A simple and sensitive automated method, consisting of in-tube solid-phase microextraction (SPME) coupled with high-performance liquid chromatography-fluorescence detection (HPLC-FLD), was developed for the determination of 15 polycyclic aromatic hydrocarbons (PAHs) in food samples. PAHs were separated within 15 min by HPLC using a Zorbax Eclipse PAH column with a water/acetonitrile gradient elution program as the mobile phase. The optimum in-tube SPME conditions were 20 draw/eject cycles of 40 microL of sample using a CP-Sil 19CB capillary column as an extraction device. Low- and high-molecular weight PAHs were extracted effectively onto the capillary coating from 5% and 30% methanol solutions, respectively. The extracted PAHs were readily desorbed from the capillary by passage of the mobile phase, and no carryover was observed. Using the in-tube SPME HPLC-FLD method, good linearity of the calibration curve (r>0.9972) was obtained in the concentration range of 0.05-2.0 ng/mL, and the detection limits (S/N=3) of PAHs were 0.32-4.63 pg/mL. The in-tube SPME method showed 18-47 fold higher sensitivity than the direct injection method. The intra-day and inter-day precision (relative standard deviations) for a 1 ng/mL PAH mixture were below 5.1% and 7.6% (n=5), respectively. This method was applied successfully to the analysis of tea products and dried food samples without interference peaks, and the recoveries of PAHs spiked into the tea samples were >70%. Low-molecular weight PAHs such as naphthalene and pyrene were detected in many foods, and carcinogenic benzo[a]pyrene, at relatively high concentrations, was also detected in some black tea samples. This method was also utilized to assess the release of PAHs from tea leaves into the liquor.

Determination of aflatoxins in food samples by automated on-line in-tube solid-phase microextraction coupled with liquid chromatography-mass spectrometry.

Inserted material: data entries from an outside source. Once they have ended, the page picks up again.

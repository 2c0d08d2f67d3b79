-- ===== src/Workflow/Attempts/Safe.antt =====
-- No sequence of transactions makes two conflicting attempts active, and no item is attempted twice.
use code_fleet.Prelude.{
  ℕ, ◌≤◌, ◌≡◌, refl, sym, subst, ◌∙◌, inl, inr, Bool, false, ◌||◌, Option, List, [], ◌∷◌, ◌++◌, map,
  Text, ◌==◌, ==_iff, ==_refl, any, keep, length, length-append, ok, >>=-eq-ok, All, All-map,
  All-both, Bool-cases, ap, arith,
}
use code_fleet.Alpha.Contract.{Contract}
use code_fleet.Workflow.{Workflow, parallel_limit, item_of}
use code_fleet.Workflow.Attempts.{
  Run, Attempt, Db, Guard, started, final_id, is_started, active, is_for, clashes, conflicts,
  reserve, insert_attempt, admit, keys_free, close, finish, approve_workflow, revoke_workflow,
  row_of,
}
use code_fleet.Workflow.Attempts.Admitted.{reserve-Admitted}
use code_fleet.Workflow.Attempts.Exclusive.{
  Step, reserves, finishes, approvals, revokes, Reach, here, next, After, Apart, IsExclusive,
  All-of_any, All-snoc, keep-snoc, Apart-snoc, Apart-closed, All-closed, length-closed,
}

All-of_empty {ℓ κ} : {A : Type ℓ} (P : A → Type κ) (xs : List A) → length xs ≡ 0 → All P xs
All-of_empty P [] h = tt
All-of_empty P (x ∷ xs) h = absurd (omega arith)

any-left {ℓ} :
    {A : Type ℓ} (p q : A → Bool) (xs : List A)
    → any (λ x. p x || q x) xs ≡ false
    → any p xs ≡ false
any-left p q [] h = refl
any-left p q (x ∷ xs) h = ground (arith, any-left p q xs)

conflicts-apart :
    (run : Run) (item_id : Text) (a : Attempt)
    → conflicts run item_id a ≡ false
    → clashes (item_of run.contract.items item_id) (item_of run.contract.items a.item_id) ≡ false
unfolding conflicts
conflicts-apart run item_id a h = ground arith

abbrev pub attempt_of : Run → Text → Text → Attempt
attempt_of run item_id child_id = record {
  run_id = run.id;
  item_id = item_id;
  child_id = child_id;
  revision = run.revision;
  status = started;
}

pub finish-attempts :
    (now : ℕ) (run : Run) (owner item_id status : Text) (db db' : Db)
    → finish now run owner item_id status db ≡ ok db'
    → db'.attempts ≡ map (close status run.id item_id) db.attempts
unfolding finish
finish-attempts now run owner item_id status db db' h =
    let (row, _, h₁) = >>=-eq-ok (row_of db run.id) _ h in ground arith

pub approve_workflow-attempts :
    (fileset : Text → Option (Option Text)) (actor workflow_hash : Text) (expires now : ℕ)
    (run_id : Text) (db db' : Db)
    → approve_workflow fileset actor workflow_hash expires now run_id db ≡ ok db'
    → db'.attempts ≡ db.attempts
unfolding approve_workflow
approve_workflow-attempts fileset actor workflow_hash expires now run_id db db' h =
    let (row, _, h₁) = >>=-eq-ok (row_of db run_id) _ h in ground arith

pub revoke_workflow-attempts :
    (actor run_id : Text) (db db' : Db)
    → revoke_workflow actor run_id db ≡ ok db'
    → db'.attempts ≡ db.attempts
unfolding revoke_workflow
revoke_workflow-attempts actor run_id db db' h = ground arith

module _ (hash_contract : Contract → Text) (hash_policy : Bool → Text) (guard : Option Guard) where
  pub reserve-attempts :
      (t₁ t₂ : ℕ) (run : Run) (owner item_id child_id : Text) (contract : Contract) (db db' : Db)
      → reserve hash_contract hash_policy guard t₁ t₂ run owner item_id child_id contract db
        ≡ ok db'
      → (db'.attempts ≡ db.attempts ++ attempt_of run item_id child_id ∷ [])
        × (any (is_for run.id item_id) db.attempts ≡ false)
  unfolding reserve keys_free insert_attempt
  reserve-attempts t₁ t₂ run owner item_id child_id contract db db' h =
      let (_, admitted, h₁) =
        >>=-eq-ok (admit hash_contract hash_policy guard t₁ t₂ run owner item_id contract db) _ h in
      (
        ground arith,
        any-left (is_for run.id item_id) (λ a. a.child_id == child_id) db.attempts (ground arith),
      )

  module _ (workflow_of : Text → Workflow) where
    reserve-IsExclusive :
        (t₁ t₂ : ℕ) (run : Run) (owner item_id child_id : Text) (contract : Contract) (db db' : Db)
        → run.contract ≡ workflow_of run.id
        → reserve hash_contract hash_policy guard t₁ t₂ run owner item_id child_id contract db
          ≡ ok db'
        → IsExclusive workflow_of db
        → IsExclusive workflow_of db'
    reserve-IsExclusive t₁ t₂ run owner item_id child_id contract db db' same h e =
        let b = attempt_of run item_id child_id in
        let adm =
          reserve-Admitted hash_contract hash_policy guard t₁ t₂ run owner item_id child_id contract
            db db' h in
        let (grown, _) = reserve-attempts t₁ t₂ run owner item_id child_id contract db db' h in
        let now_active : active db' ≡ active db ++ b ∷ [] =
          ap (keep is_started) grown ∙ keep-snoc db.attempts b (==_refl started) in
        let own = All-of_any _ (active db) adm.own_only in
        let one_run =
          All-map (λ (a : Attempt) q. (==_iff a.run_id run.id).0 (ground arith)) (active db) own in
        let after : All (λ a. After workflow_of a b) (active db) =
          elim (Bool-cases (item_id == final_id)) [
            | inl last ↦ All-of_empty _ (active db) (adm.final_alone last)
            | inr other ↦
                All-map
                  (λ (a : Attempt) (q : _ × _). record {
                    same_run = (==_iff a.run_id run.id).0 (ground (arith, q.0));
                    not_final = ground (arith, q.0);
                    later_not_final = other;
                    apart =
                        subst
                          (λ w.
                            clashes (item_of w.items item_id) (item_of w.items a.item_id) ≡ false)
                          same (conflicts-apart run item_id a q.1);
                  })
                  (active db) (All-both _ _ (active db) own (All-of_any _ (active db) adm.apart))
          ] in
        let room : length (active db ++ b ∷ []) ≤ parallel_limit (workflow_of run.id) =
          omega (arith, adm.has_room, length-append (active db) (b ∷ []), ap parallel_limit same) in
        record {
          apart =
              subst (Apart workflow_of) (sym now_active)
                (Apart-snoc workflow_of (active db) b e.apart after);
          limited =
              subst (λ xs. All (λ a. length xs ≤ parallel_limit (workflow_of a.run_id)) xs)
                (sym now_active)
                (All-snoc _ (active db) b
                  (All-map
                    (λ (a : Attempt) (q : a.run_id ≡ run.id).
                      subst (λ r. length (active db ++ b ∷ []) ≤ parallel_limit (workflow_of r))
                        (sym q) room)
                    (active db) one_run)
                  room);
        }

    same-IsExclusive :
        (db db' : Db)
        → db'.attempts ≡ db.attempts
        → IsExclusive workflow_of db
        → IsExclusive workflow_of db'
    same-IsExclusive db db' same e =
        let kept : active db' ≡ active db = ap (keep is_started) same in
        record {
          apart = subst (Apart workflow_of) (sym kept) e.apart;
          limited =
              subst (λ xs. All (λ a. length xs ≤ parallel_limit (workflow_of a.run_id)) xs)
                (sym kept) e.limited;
        }

    finish-IsExclusive :
        (now : ℕ) (run : Run) (owner item_id status : Text) (db db' : Db)
        → finish now run owner item_id status db ≡ ok db'
        → IsExclusive workflow_of db
        → IsExclusive workflow_of db'
    finish-IsExclusive now run owner item_id status db db' h e =
        let closing = map (close status run.id item_id) db.attempts in
        let kept : active db' ≡ keep is_started closing =
          ap (keep is_started) (finish-attempts now run owner item_id status db db' h) in
        let fewer = length-closed workflow_of status run.id item_id db.attempts in
        record {
          apart =
              subst (Apart workflow_of) (sym kept)
                (Apart-closed workflow_of status run.id item_id db.attempts e.apart);
          limited =
              subst (λ xs. All (λ a. length xs ≤ parallel_limit (workflow_of a.run_id)) xs)
                (sym kept)
                (All-map
                  (λ (a : Attempt) (q : length (active db) ≤ parallel_limit (workflow_of a.run_id)).
                    let shorter : length (keep is_started closing) ≤ length (active db) = fewer in
                    omega (arith, shorter, q))
                  (keep is_started closing)
                  (All-closed workflow_of status run.id item_id
                    (λ r i. length (active db) ≤ parallel_limit (workflow_of r)) db.attempts
                    e.limited));
        }

    Step-IsExclusive :
        (db db' : Db)
        → Step hash_contract hash_policy guard workflow_of db db'
        → IsExclusive workflow_of db
        → IsExclusive workflow_of db'
    Step-IsExclusive db db' (reserves t₁ t₂ run owner item_id child_id contract same h) e =
        reserve-IsExclusive t₁ t₂ run owner item_id child_id contract db db' same h e
    Step-IsExclusive db db' (finishes now run owner item_id status h) e =
        finish-IsExclusive now run owner item_id status db db' h e
    Step-IsExclusive db db' (approvals fileset actor workflow_hash expires now run_id h) e =
        same-IsExclusive db db'
          (approve_workflow-attempts fileset actor workflow_hash expires now run_id db db' h) e
    Step-IsExclusive db db' (revokes actor run_id h) e =
        same-IsExclusive db db' (revoke_workflow-attempts actor run_id db db' h) e

    -- From a state in which the active attempts may stand together and keep to the limit of their run,
    -- every sequence of reservations, ends, approvals and revocations reaches such a state, if each run
    -- keeps its workflow.
    pub Reach-IsExclusive :
        (db db' : Db)
        → IsExclusive workflow_of db
        → Reach hash_contract hash_policy guard workflow_of db db'
        → IsExclusive workflow_of db'
    Reach-IsExclusive db _ e here = e
    Reach-IsExclusive db db' e (next r st) = Step-IsExclusive _ db' st (Reach-IsExclusive db _ e r)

A simple and sensitive automated method for determination of aflatoxins (B1, B2, G1, and G2) in nuts, cereals, dried fruits, and spices was developed consisting of in-tube solid-phase microextraction (SPME) coupled with liquid chromatography-mass spectrometry (LC-MS). Aflatoxins were separated within 8 min by high-performance liquid chromatography using a Zorbax Eclipse XDB-C8 column with methanol/acetonitrile (60/40, v/v): 5mM ammonium formate (45:55) as the mobile phase. Electrospray ionization conditions in the positive ion mode were optimized for MS detection of aflatoxins. The pseudo-molecular ions [M+H](+) were used to detect aflatoxins in selected ion monitoring (SIM) mode. The optimum in-tube SPME conditions were 25draw/eject cycles of 40 microL of sample using a Supel-Q PLOT capillary column as an extraction device. The extracted aflatoxins were readily desorbed from the capillary by passage of the mobile phase, and no carryover was observed. Using the in-tube SPME LC-MS with SIM method, good linearity of the calibration curve (r>0.9994) was obtained in the concentration range of 0.05-2.0 ng/mL using aflatoxin M1 as an internal standard, and the detection limits (S/N=3) of aflatoxins were 2.1-2.8 pg/mL. The in-tube SPME method showed >23-fold higher sensitivity than the direct injection method (10 microL injection volume). The within-day and between-day precision (relative standard deviations) at the concentration of 1 ng/mL aflatoxin mixture were below 3.3% and 7.7% (n=5), respectively. This method was applied successfully to analysis of food samples without interference peaks. The recoveries of aflatoxins spiked into nuts and cereals were >80%, and the relative standard deviations were <11.2%. Aflatoxins were detected at <10 ng/g in several commercial food samples.